* EXERCISE OBJECTIVE
How many lines of the entries hold the string "unfolding"? Reply with the number alone.

= = = =

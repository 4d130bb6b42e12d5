-- ===== src/Frtk/Catalog/Tests.antt =====
-- A session with one table.
use cfb27_lua_hook.Prelude.{◌≡◌, refl, true, false, none, some, [], ◌∷◌, find_if}
use cfb27_lua_hook.Frtk.Schema.{direct_verified, SchemaRegistry, find_table, ProfileBundle}
use cfb27_lua_hook.Frtk.Catalog.{
  TableHandle, resolved, canonical_records, DiscoveryResult, CatalogDescriptor, SessionCatalog,
  next_generation, is_indexed, is_storage_valid, is_schema_of, is_descriptor_valid, entry_of,
  install_table, install_tables, install, get_handle, resolve, invalidate, advance_lifecycle,
  quarantine,
}
use cfb27_lua_hook.Frtk.Catalog.Lifecycle.{
  IsSession, installs, here, next, new_session, Reach-IsSession, resolve-get_handle, resolve-stale,
}

abbrev schema : SchemaRegistry
schema = record {
  schema_identity = [];
  build_identity = [];
  tables =
      record {
        logical_name = [];
        table_id = 40;
        unique_id = 900;
        capacity = 16;
        record_size = 8;
        authority_status = direct_verified;
        fields = [];
      }
      ∷ [];
}

abbrev profile : ProfileBundle
profile = record {
  profile_id = [];
  schema_identity = [];
  build_identity = [];
  tables =
      record {
        logical_name = [];
        table_id = 40;
        unique_id = 900;
        capacity = 16;
        record_size = 8;
        rows = [];
        relationships = [];
      }
      ∷ [];
  schema = schema;
}

abbrev discovery : DiscoveryResult
discovery = record {
  valid = true;
  tables =
      record {
        unique_id = 900;
        state = resolved;
        descriptor = some (record {
          unique_id = 900;
          base = 0x10000;
          stride = 8;
          capacity = 16;
          allocation_base = 0x10000;
          allocation_size = 4096;
          storage = canonical_records;
          virtual_target_table_id = none;
          virtual_width = 0;
          direct_write_verified = true;
        });
        evidence = [];
      }
      ∷ [];
}

abbrev session : SessionCatalog
session = install profile discovery (new_session schema)

abbrev handle : TableHandle
handle = record { unique_id = 900; generation = 1 }

handle_test : get_handle session 900 ≡ some handle
unfolding get_handle install next_generation install_tables install_table find_table find_if
    is_schema_of is_descriptor_valid is_storage_valid is_indexed entry_of
handle_test = refl

Reach-IsSession_example : IsSession session
Reach-IsSession_example =
    Reach-IsSession schema (next here (installs (new_session schema) profile discovery))

generation_test : handle.generation ≡ session.generation
unfolding install next_generation
generation_test = refl

ready_test : session.game_ready ≡ true
unfolding install
ready_test = refl

resolve-get_handle_example :
    (d : CatalogDescriptor) × (resolve session handle ≡ some d)
    × (d.unique_id ≡ 900)
    × (d.lifecycle_generation ≡ session.generation)
resolve-get_handle_example =
    resolve-get_handle session 900 handle
      (Reach-IsSession schema (next here (installs (new_session schema) profile discovery)))
      handle_test

resolve-stale_example :
    (resolve (install profile discovery session) handle ≡ none)
    × (resolve (invalidate session) handle ≡ none)
    × (resolve (quarantine (900 ∷ []) session) handle ≡ none)
    × (resolve (advance_lifecycle false session) handle ≡ none)
resolve-stale_example =
    resolve-stale session handle profile discovery (900 ∷ [])
      (Reach-IsSession schema (next here (installs (new_session schema) profile discovery)))
      generation_test ready_test
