-- ===== src/Frtk/Field/Legal.antt =====
-- The values that `EncodeField` of native/host/frtk_field_schema.cpp takes.
use cfb27_lua_hook.Prelude.{
  ℕ, ◌+◌, ◌*◌, ◌^◌, ◌<◌, ◌≡◌, refl, ap, subst, ◌∙◌, ◌↔◌, inl, inr, true, false, some, List, arith,
  ◌==◌, ==→eq, Bool-cases, Option-cases, length,
}
use cfb27_lua_hook.Prelude.Int.{ℤ, pos, ◌≤ℤ◌}
use cfb27_lua_hook.Frtk.Field.{
  PackedReference, FieldDefinition, DecodedField, integer, reference, Fallible-cases, ok, is_packed,
  validate_definition, encode_packed_reference, numeric_value, encode_field,
}
use cfb27_lua_hook.Frtk.Field.Valid.{
  IsValid, validate_definition-IsValid, IsValid-validate_definition, not-ltb_ℤ, ltb_ℤ-false,
}

-- The number lies within the declared bounds.
abbrev pub IsWithin : FieldDefinition → ℤ → Type 0
IsWithin d z = (d.minimum ≤ℤ z) × (z ≤ℤ d.maximum)

-- A reference to the declared table whose parts fit their bits, or an integer; as a number within bounds.
abbrev pub IsEncodable : FieldDefinition → DecodedField → Type 0
IsEncodable d (integer z) = (is_packed d.encoding ≡ false) × IsWithin d z
IsEncodable d (reference r) =
    (is_packed d.encoding ≡ true)
    × (d.reference_table_id ≡ some r.table_id)
    × (r.table_id < 2 ^ 15)
    × (r.row_index < 2 ^ 17)
    × IsWithin d (pos (r.table_id * 2 ^ 17 + r.row_index))

encode_packed_reference-fits :
    (r : PackedReference) (n : ℕ)
    → encode_packed_reference r ≡ ok n
    → (r.table_id < 2 ^ 15) × (r.row_index < 2 ^ 17) × (n ≡ r.table_id * 2 ^ 17 + r.row_index)
unfolding encode_packed_reference
encode_packed_reference-fits r n h = (ground arith, ground arith, ground arith)

fits-encode_packed_reference :
    (r : PackedReference)
    → r.table_id < 2 ^ 15
    → r.row_index < 2 ^ 17
    → encode_packed_reference r ≡ ok (r.table_id * 2 ^ 17 + r.row_index)
unfolding encode_packed_reference
fits-encode_packed_reference r table row = ground arith

-- What the number of a value tells of it.
numeric_value-IsEncodable :
    (d : FieldDefinition) (v : DecodedField) (z : ℤ)
    → numeric_value d v ≡ ok z
    → IsWithin d z
    → IsEncodable d v
unfolding numeric_value
numeric_value-IsEncodable d (integer n) z h within = elim (Bool-cases (is_packed d.encoding)) [
  | inl packed ↦ absurd (ground arith)
  | inr other ↦ let same : z ≡ n = ground (arith, other) in (other, subst (IsWithin d) same within)
]
numeric_value-IsEncodable d (reference r) z h within = elim (Bool-cases (is_packed d.encoding)) [
  | inr other ↦ absurd (ground arith)
  | inl packed ↦ elim (Option-cases d.reference_table_id) [
    | inl undeclared ↦ absurd (ground arith)
    | inr (id, declared) ↦ elim (Bool-cases (id == r.table_id)) [
      | inr elsewhere ↦ absurd (ground arith)
      | inl target ↦ elim (Fallible-cases (encode_packed_reference r)) [
        | inl (e, thrown) ↦ absurd (ground arith)
        | inr (n, encoded) ↦
            let (table, row, packs) = encode_packed_reference-fits r n encoded in
            let same : z ≡ pos (r.table_id * 2 ^ 17 + r.row_index) =
              ground (arith, packed, declared, target, encoded, packs) in
            (
              packed,
              declared ∙ ap some (==→eq id r.table_id target),
              table,
              row,
              subst (IsWithin d) same within,
            )
      ]
    ]
  ]
]

IsEncodable-numeric_value :
    (d : FieldDefinition) (v : DecodedField)
    → IsEncodable d v
    → (z : ℤ) × (numeric_value d v ≡ ok z) × IsWithin d z
unfolding numeric_value
IsEncodable-numeric_value d (integer z) (other, within) = (z, rw other refl, within)
IsEncodable-numeric_value d (reference r) (packed, declared, table, row, within) =
    let there = fits-encode_packed_reference r table row in
    (pos (r.table_id * 2 ^ 17 + r.row_index), ground (arith, packed, declared, there), within)

-- `EncodeField` goes through exactly on a valid definition, whose field lies in the record, with a value
-- of its kind that the field can hold.
pub encode_field_iff :
    (bytes : List ℕ) (d : FieldDefinition) (v : DecodedField)
    → ((bytes' : List ℕ) × (encode_field bytes d v ≡ ok bytes'))
      ↔ (IsValid (length bytes) d × IsEncodable d v)
unfolding encode_field
encode_field_iff bytes d v = (found, goes)
  where
    found :
        (bytes' : List ℕ) × (encode_field bytes d v ≡ ok bytes')
        → IsValid (length bytes) d × IsEncodable d v
    found (bytes', h) = elim (Fallible-cases (validate_definition (length bytes) d)) [
      | inl (e, thrown) ↦ absurd (ground arith)
      | inr (u, valid) ↦ elim (Fallible-cases (numeric_value d v)) [
        | inl (e, thrown) ↦ absurd (ground arith)
        | inr (z, value) ↦ (
          validate_definition-IsValid (length bytes) d valid,
          numeric_value-IsEncodable d v z value
              (not-ltb_ℤ z d.minimum (ground arith), not-ltb_ℤ d.maximum z (ground arith)),
        )
      ]
    ]

    goes :
        IsValid (length bytes) d × IsEncodable d v
        → (bytes' : List ℕ) × (encode_field bytes d v ≡ ok bytes')
    goes (valid, encodable) =
        let validated = IsValid-validate_definition (length bytes) d valid in
        let (z, value, within) = IsEncodable-numeric_value d v encodable in
        let low = ltb_ℤ-false z d.minimum within.0 in
        let high = ltb_ℤ-false d.maximum z within.1 in rw (validated, value, low, high) (_, refl)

= = = =

* YOUR RESPONSE
8